REPRESENTATIVE TUCK, referring to the Cook Inlet Oil Well graph,
related his understanding that the single well was cut off at 50
barrels of oil per day over a 215-month period and was due to
the amount of water.
MR. BARRON expressed his agreement.
2:39:06 PM
MR. BARRON, returning to his presentation, said that slides 12
and 13 relate to earlier questions from Representatives Kawasaki
and Tuck. The graph on slide 12 entitled "Kenai Gas Field Daily
Production in mcf/d" exhibits actual data for the Kenai gas
field, which has a lot of natural seasonal swing due to
deliveries of gas to Anchorage. He then highlighted the
negative decline between 1991 and 1999, after which there is a
marked reversal of the decline as a result of increased drilling
in the gas field that was primarily necessary to satisfy
contractual obligations with the supply companies, Anchorage,
and the liquefied natural gas (LNG) market. He characterized
the Kenai gas field as a local exhibit of where the decline can
be reversed. Moving on to the graph on slide 13 entitled
"Forties Field, North Sea, production," he declared this curve
to be an even more pronounced example for a new operator
initiated program that reversed the decline. In response to an
earlier question by Representative Gardner, he stated that there
are over several hundred drilling rigs operating in the Permian
Basin in Texas, which are not drilling into shale. More
specifically, the Spraberry Field is experiencing a "robust
renaissance" in an area that is not shale driven. He declared
that all of these are tangible examples of areas experiencing a
"robust uptick in production."
REPRESENTATIVE TUCK, referring to slide 12, asked if the reverse
of the decline in the Kenai gas field was due to recent
exploration for gas, as opposed to the earlier exploration
solely for oil. He asked if gas and oil decline curves are
comparable.
MR. BARRON replied that gas decline analysis could also be done,
and he clarified that the initial Kenai exploration history had
been for gas, not oil, to supply the local market. He reported
that the particular operator in the Kenai gas field targeted
most of its exploration dollars associated with gas rather than
oil. However, during the last lease sale in Cook Inlet, Apache
obtained a tremendous amount of acreage as Apache believes it is
an unbelievably unexplored oil province. In fact, Apache is
going to penetrate deep for oil and the notion is that as one
seeks deep oil, one will penetrate shallow gas. In the last 20
years gas not oil has been the target in the Cook Inlet.
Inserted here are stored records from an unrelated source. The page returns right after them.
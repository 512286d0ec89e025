-- ===== src/Recovery/Commit/Admission.antt =====
-- The tests of `commit_observation` in backend/app/operations/recovery/infrastructure/repository.py, in
-- order: the lease, the Operation, its locks, the projector and the lock binding.
use Prim.Native.String.{◌++◌ as str_append}
use gjallar.Prelude.{
  ℕ, String, Bool, true, false, not, ◌&&◌, ◌||◌, Option, none, some, List, [], length, ltb, nat_eq,
  ◌==◌, if◌then◌else◌,
}
use gjallar.Json.{Fields, empty, merge}
use gjallar.Operation.Status.{OperationStatus, needs_reconciliation, status_eq}
use gjallar.Operation.Event.{OperationActor, Platform}
use gjallar.Operation.Store.{sanitized_mapping, ensure_operation_transition, is_unexpected}
use gjallar.Result.{
  Result, ok, err, ◌>>=◌, ◌>>◌, raise_if, value_error, operation_state_conflict,
  recovery_operation_conflict,
}
use gjallar.Database.{
  OperationRecord, OperationLockRecord, Database, OperationRecoveryItemRecord, RecoveryStatus,
  paused, find_operation,
}
use gjallar.Lock.Binding.{expected_lock_count}
use gjallar.HostConfig.{is_host_type, preserves_lock_binding}
use gjallar.Recovery.{RecoveryLease, differs, locked_owned_row}
use gjallar.Recovery.Targets.{exact_target_locks, assert_binding_checkpoint}

-- What a projector returns; an absent part is empty.
pub record Projection : Type 0 where
  pub event_payload : Fields
  pub operation_details_patch : Fields
  pub recovery_details_patch : Fields

-- The keyword arguments of `commit_observation`. The projector reads and writes tables of its own,
-- and returns its projection or raises.
pub record Observation : Type 0 where
  pub event_type : String
  pub stage : String
  pub payload : Fields
  pub details_patch : Fields
  pub next_status : Option OperationStatus
  pub expected_statuses : Option (List OperationStatus)
  pub actor : Option OperationActor
  pub recovery_status : RecoveryStatus
  pub retry_delay : ℕ
  pub error_code : String
  pub recovery_details_patch : Fields
  pub release_target_lock : Bool
  pub require_exact_reconciliation_lock : Bool
  pub bind_target_lock : Bool
  pub expected_operation_version : Option ℕ
  pub expected_operation_checksum : Option String
  pub projector : Option (Database → Result Projection)

-- The Operation row, or RecoveryOperationConflict.
unfoldable pub observed_operation : String → Observation → Database → Result OperationRecord
observed_operation id o db = elim (find_operation id db.operations) [
  | none ↦ err (recovery_operation_conflict id)
  | some row ↦ do
    raise_if
        (differs nat_eq row.version o.expected_operation_version
          || differs ◌==◌ row.last_event_checksum o.expected_operation_checksum)
        (recovery_operation_conflict id)
    raise_if (is_unexpected row.status o.expected_statuses) (operation_state_conflict id row.status)
    ok row
]

abbrev pub transition_test : OperationRecord → Observation → Result (Unit {0})
transition_test operation o = elim o.next_status [
  | none ↦ ok tt
  | some next ↦ ensure_operation_transition operation.status next
]

-- next_status == "needs_reconciliation"
abbrev pub reconciles : Observation → Bool
reconciles o = elim o.next_status [ none ↦ false | some s ↦ status_eq s needs_reconciliation ]

abbrev pub is_paused : RecoveryStatus → Bool
is_paused paused = true
is_paused _ = false

abbrev pub is_given : {A : Type 0} → Option A → Bool
is_given none = false
is_given (some a) = true

-- effective_recovery_details
abbrev pub effective_details : Platform → Observation → OperationRecoveryItemRecord → Fields
effective_details p o row =
    if o.bind_target_lock
    then merge row.details (sanitized_mapping p o.recovery_details_patch)
    else row.details

-- is_host_configuration and row.recovery_kind != operation_row.operation_type + "_observation"
abbrev pub is_other_kind : OperationRecord → OperationRecoveryItemRecord → Bool
is_other_kind operation row =
    is_host_type operation.operation_type
    && not (row.recovery_kind == str_append operation.operation_type "_observation")

-- `locks`: the exact ones, or none for a host item of another kind
unfoldable pub observed_locks :
    Platform
    → Observation
    → OperationRecord
    → OperationRecoveryItemRecord
    → List OperationLockRecord
    → List OperationLockRecord
observed_locks p o operation row locks =
    let exact = exact_target_locks p operation (effective_details p o row) locks in
    if is_other_kind operation row then [] else exact

-- The checkpoint, where the observation binds its lock.
unfoldable pub checkpoint_test :
    Platform
    → Observation
    → OperationRecord
    → OperationRecoveryItemRecord
    → List OperationLockRecord
    → Result (Unit {0})
checkpoint_test p o operation row locks =
    if o.bind_target_lock
    then assert_binding_checkpoint p operation row.details (effective_details p o row)
        (sanitized_mapping p o.details_patch) locks
    else ok tt

-- The tests on the locks, in order.
unfoldable pub lock_tests :
    Platform
    → Observation
    → OperationRecord
    → OperationRecoveryItemRecord
    → List OperationLockRecord
    → Result (Unit {0})
unfolding checkpoint_test
lock_tests p o operation row locks = do
  checkpoint_test p o operation row locks
  raise_if (is_given o.projector && not (nat_eq (length locks) 1)) value_error
  let required = expected_lock_count operation.operation_type
  raise_if
      ((nat_eq required 2 || is_host_type operation.operation_type)
        && not (nat_eq (length locks) required)
        && not (
            is_paused o.recovery_status
            && not (is_given o.next_status)
            && not o.release_target_lock))
      (recovery_operation_conflict operation.operation_id)
  raise_if (o.release_target_lock && not (nat_eq (length locks) required)) value_error
  raise_if
      (reconciles o
        && (ltb required (length locks)
            || (o.require_exact_reconciliation_lock && not (nat_eq (length locks) required))))
      value_error

-- The projection, sanitized.
unfoldable pub projection_of : Platform → Observation → Database → Result Projection
projection_of p o db = elim o.projector [
  | none ↦ ok (record {
    event_payload = empty;
    operation_details_patch = empty;
    recovery_details_patch = empty;
  })
  | some run ↦ do
    raw ← run db
    ok (record {
      event_payload = sanitized_mapping p raw.event_payload;
      operation_details_patch = sanitized_mapping p raw.operation_details_patch;
      recovery_details_patch = sanitized_mapping p raw.recovery_details_patch;
    })
]

-- {**sanitized_details_patch, **projected_details}
abbrev pub operation_patch : Platform → Observation → Projection → Fields
operation_patch p o r = merge (sanitized_mapping p o.details_patch) r.operation_details_patch

-- {**sanitized_recovery_patch, **projected_recovery_details}
abbrev pub recovery_patch : Platform → Observation → Projection → Fields
recovery_patch p o r = merge (sanitized_mapping p o.recovery_details_patch) r.recovery_details_patch

-- The last test: a host operation keeps its lock binding.
unfoldable pub binding_test :
    Platform
    → Observation
    → OperationRecord
    → OperationRecoveryItemRecord
    → Projection
    → Result (Unit {0})
binding_test p o operation row r =
    raise_if
      (is_host_type operation.operation_type
        && (not (preserves_lock_binding operation.details (operation_patch p o r))
            || not (preserves_lock_binding row.details (recovery_patch p o r))))
      (recovery_operation_conflict operation.operation_id)

-- What the tests of a commit let through.
pub record Admitted : Type 0 where
  pub row : OperationRecoveryItemRecord
  pub operation : OperationRecord
  pub projection : Projection

-- The tests of `commit_observation`, in order, with the call of the projector.
unfoldable pub admit_observation :
    Platform → ℕ → RecoveryLease → Observation → Database → Result Admitted
unfolding observed_operation observed_locks lock_tests projection_of binding_test
admit_observation p now lease o db = do
  row ← locked_owned_row lease now db
  operation ← observed_operation lease.item.operation_id o db
  transition_test operation o
  lock_tests p o operation row (observed_locks p o operation row db.locks)
  projection ← projection_of p o db
  binding_test p o operation row projection
  ok (record { row = row; operation = operation; projection = projection })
REPRESENTATIVE TUCK recalled in 2009 and 2010 when Pioneer
sought exploration credits for gas and presented similar
testimony.
MR. BARRON clarified that there is a difference between
exploration work and development work. The Kenai gas field is
an example of a known quantity in an existing field. He held
the Kenai gas field as an example in which focused and
concentrated effort can change a field's natural decline with
capitalization and drilling.
REPRESENTATIVE KAWASAKI asked if there are any large, mature
fields, similar to Kuparuk River Unit or Prudhoe Bay, which have
had an adjustment to their decline curve. Referring to the
Forties Field, North Sea, production graph, he inquired as to
the amount of capital investment and circumstances required to
get the uptick. He noted that the overall design of the curve
is not changed.
MR. BARRON replied that he did not have the cost figures, but he
offered to forward some information. He said that capital
improvements could improve the decline, at least for a period of
time, but that it would eventually return to the natural
decline. The point is that the Forties Field is an example in
which the influx of capital and facility modifications did
reverse the decline, at least for five to six years.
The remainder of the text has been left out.